What you need to do
Given the material below, return only the lines starting at the line with "pub db : Db" and ending at the line with "continue err f s = (err, s)", exactly as they appear.

Data shown
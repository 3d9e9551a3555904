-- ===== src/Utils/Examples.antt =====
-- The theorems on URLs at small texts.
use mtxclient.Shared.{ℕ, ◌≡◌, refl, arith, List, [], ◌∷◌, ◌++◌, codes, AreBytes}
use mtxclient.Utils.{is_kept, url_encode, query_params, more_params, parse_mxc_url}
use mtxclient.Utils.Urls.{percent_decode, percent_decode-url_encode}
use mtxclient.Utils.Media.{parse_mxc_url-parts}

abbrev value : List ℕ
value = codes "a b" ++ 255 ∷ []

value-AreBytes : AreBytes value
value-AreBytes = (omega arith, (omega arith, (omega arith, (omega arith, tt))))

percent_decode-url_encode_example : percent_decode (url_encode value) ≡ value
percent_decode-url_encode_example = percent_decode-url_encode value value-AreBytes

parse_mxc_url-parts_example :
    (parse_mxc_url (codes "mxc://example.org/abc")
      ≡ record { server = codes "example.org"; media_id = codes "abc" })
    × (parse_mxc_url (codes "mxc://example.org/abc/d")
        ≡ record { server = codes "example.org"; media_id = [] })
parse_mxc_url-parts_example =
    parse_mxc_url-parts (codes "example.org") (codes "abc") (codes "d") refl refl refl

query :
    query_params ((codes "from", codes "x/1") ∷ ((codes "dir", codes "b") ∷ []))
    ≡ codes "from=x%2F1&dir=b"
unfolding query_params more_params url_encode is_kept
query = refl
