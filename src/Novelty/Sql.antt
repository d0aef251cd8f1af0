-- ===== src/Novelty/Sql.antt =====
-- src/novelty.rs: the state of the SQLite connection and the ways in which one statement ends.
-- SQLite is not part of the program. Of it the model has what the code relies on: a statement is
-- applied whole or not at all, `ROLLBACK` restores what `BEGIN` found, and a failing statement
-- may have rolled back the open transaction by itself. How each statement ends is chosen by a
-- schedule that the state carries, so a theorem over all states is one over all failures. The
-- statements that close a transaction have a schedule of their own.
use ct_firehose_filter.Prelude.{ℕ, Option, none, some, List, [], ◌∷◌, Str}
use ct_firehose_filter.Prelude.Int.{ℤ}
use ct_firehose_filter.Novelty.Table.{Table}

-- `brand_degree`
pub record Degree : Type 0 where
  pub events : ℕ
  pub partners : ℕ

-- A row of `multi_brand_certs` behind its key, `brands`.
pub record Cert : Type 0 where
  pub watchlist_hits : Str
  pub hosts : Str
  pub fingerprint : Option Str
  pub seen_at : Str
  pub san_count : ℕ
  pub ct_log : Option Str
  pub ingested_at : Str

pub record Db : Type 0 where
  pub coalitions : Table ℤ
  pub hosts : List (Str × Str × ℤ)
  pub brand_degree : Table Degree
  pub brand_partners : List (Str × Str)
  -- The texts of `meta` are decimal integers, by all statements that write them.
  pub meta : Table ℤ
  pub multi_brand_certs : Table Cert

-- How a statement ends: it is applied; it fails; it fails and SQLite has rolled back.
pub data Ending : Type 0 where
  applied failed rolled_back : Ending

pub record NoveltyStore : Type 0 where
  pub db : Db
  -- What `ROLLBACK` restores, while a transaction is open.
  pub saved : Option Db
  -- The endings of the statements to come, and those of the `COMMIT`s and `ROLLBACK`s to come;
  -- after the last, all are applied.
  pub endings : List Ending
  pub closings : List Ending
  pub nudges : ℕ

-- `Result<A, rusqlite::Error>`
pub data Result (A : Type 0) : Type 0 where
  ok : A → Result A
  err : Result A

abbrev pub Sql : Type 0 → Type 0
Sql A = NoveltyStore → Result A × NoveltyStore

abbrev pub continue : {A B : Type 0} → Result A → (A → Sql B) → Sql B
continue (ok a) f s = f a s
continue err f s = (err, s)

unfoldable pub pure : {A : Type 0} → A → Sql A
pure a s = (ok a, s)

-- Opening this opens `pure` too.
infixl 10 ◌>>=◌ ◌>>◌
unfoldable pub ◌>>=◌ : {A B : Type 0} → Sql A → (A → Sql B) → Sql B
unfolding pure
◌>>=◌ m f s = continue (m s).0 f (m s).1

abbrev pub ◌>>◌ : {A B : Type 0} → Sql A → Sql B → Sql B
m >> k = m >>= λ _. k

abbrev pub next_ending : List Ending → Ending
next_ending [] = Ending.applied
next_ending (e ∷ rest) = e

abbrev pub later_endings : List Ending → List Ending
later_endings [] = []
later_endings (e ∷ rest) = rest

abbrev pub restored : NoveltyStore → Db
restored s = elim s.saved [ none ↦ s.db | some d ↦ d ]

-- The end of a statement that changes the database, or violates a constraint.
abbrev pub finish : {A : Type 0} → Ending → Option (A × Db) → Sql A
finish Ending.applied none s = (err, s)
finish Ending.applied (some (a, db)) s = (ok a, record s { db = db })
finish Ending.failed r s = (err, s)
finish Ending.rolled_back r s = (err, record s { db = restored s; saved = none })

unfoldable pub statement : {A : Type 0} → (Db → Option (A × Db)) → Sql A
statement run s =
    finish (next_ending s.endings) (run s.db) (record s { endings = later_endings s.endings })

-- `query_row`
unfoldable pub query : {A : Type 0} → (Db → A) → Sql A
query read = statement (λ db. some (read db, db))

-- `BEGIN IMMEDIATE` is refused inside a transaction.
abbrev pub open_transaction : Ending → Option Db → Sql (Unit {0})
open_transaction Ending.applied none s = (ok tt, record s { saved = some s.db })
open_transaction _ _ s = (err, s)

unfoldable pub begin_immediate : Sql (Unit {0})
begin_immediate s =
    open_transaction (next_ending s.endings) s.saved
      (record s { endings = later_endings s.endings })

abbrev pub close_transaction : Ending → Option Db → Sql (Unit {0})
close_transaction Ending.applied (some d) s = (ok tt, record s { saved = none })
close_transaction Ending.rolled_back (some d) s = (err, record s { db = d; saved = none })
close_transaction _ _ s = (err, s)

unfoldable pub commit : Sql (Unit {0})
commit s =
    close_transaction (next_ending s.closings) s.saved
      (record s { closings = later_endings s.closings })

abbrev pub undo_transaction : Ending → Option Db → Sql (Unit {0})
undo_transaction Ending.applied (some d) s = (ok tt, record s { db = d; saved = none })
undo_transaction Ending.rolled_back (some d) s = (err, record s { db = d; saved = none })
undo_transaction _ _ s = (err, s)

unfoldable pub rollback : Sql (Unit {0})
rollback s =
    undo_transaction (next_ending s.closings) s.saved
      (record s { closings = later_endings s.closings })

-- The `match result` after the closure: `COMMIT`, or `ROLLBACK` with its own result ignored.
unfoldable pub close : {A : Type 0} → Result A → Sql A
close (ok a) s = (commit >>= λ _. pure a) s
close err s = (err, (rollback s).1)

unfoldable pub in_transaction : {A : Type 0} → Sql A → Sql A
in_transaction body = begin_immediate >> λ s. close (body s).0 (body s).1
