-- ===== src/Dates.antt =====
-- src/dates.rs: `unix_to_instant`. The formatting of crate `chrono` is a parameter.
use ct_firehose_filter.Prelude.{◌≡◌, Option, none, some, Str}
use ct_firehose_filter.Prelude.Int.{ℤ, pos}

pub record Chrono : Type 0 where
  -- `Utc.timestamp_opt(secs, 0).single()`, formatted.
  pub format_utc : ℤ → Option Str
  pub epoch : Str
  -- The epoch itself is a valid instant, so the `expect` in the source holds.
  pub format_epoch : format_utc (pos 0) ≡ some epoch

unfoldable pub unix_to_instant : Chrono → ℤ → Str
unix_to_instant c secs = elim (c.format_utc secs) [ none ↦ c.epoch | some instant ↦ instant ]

Output below
  pub db : Db
  -- What `ROLLBACK` restores, while a transaction is open.
  pub saved : Option Db
  -- The endings of the statements to come, and those of the `COMMIT`s and `ROLLBACK`s to come;
  -- after the last, all are applied.
  pub endings : List Ending
  pub closings : List Ending
  pub nudges : ℕ

-- `Result<A, rusqlite::Error>`
pub data Result (A : Type 0) : Type 0 where
  ok : A → Result A
  err : Result A

abbrev pub Sql : Type 0 → Type 0
Sql A = NoveltyStore → Result A × NoveltyStore

abbrev pub continue : {A B : Type 0} → Result A → (A → Sql B) → Sql B
continue (ok a) f s = f a s
continue err f s = (err, s)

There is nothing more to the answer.